For women, being middle-aged also was associated with higher perceived communal deficits (such as being less warm), and this corresponded with lower performance evaluations. For men, however, being middle-aged was associated with higher perceived agency, which is associated with higher teaching evaluations.
Among men and women, age was significantly associated with a higher likelihood of positive agency comments, such that middle-aged professors had a higher likelihood of receiving agency comments compared to young adult and older professors.
“In the teaching context, one in which knowledge and experience should be a benefit, performance would likely increase or, at the very least, remain relatively steady from young adulthood to middle age,” the paper says. “But this intuitive pattern emerges for men only, while women are viewed as performing worse in middle age, even accounting for parental status and research productivity, which points to deviation from gender prescriptions as the culprit.”
Joe Bandy, interim director of the Center for Teaching at Vanderbilt University, said that not much has changed with respect to student ratings in the decade since he wrote a cheeky Dear Ann Landers–style blog post about them for Vanderbilt.

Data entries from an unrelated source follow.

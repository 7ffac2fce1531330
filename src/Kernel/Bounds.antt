-- ===== src/Kernel/Bounds.antt =====
-- The size of a `Register_set` of src/kernel/registerset.cpp.
use wudoovm.Common.{◌≡◌, length}
use wudoovm.Kernel.RegisterSet.{RegisterSet}

module _ {V : Type 0} where
  -- The vector has as many registers as the set says.
  abbrev pub IsWellFormed : RegisterSet V → Type 0
  IsWellFormed s = length s.registers ≡ s.registerset_size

“Unfortunately, despite some shifts, we see that traditional gender roles are quite stubborn due to the deeply rooted patriarchal foundations of many of our social institutions,” he said last week, calling both Buser’s and Chatman’s and their colleagues’ work “not terribly surprising.”
Yet while it might be tempting to think that student ratings are “so problematic as to be useless,” he said, they have “some utility, and the position that students should have no voice in evaluating teaching would risk imposing different inequities.”
It makes sense, then, to think about interventions, Bandy said. Most importantly, these include evaluating teaching “in a more holistic way, incorporating more rigorous self- and peer-review processes, student focus groups, as well as assessments of student work and growth.”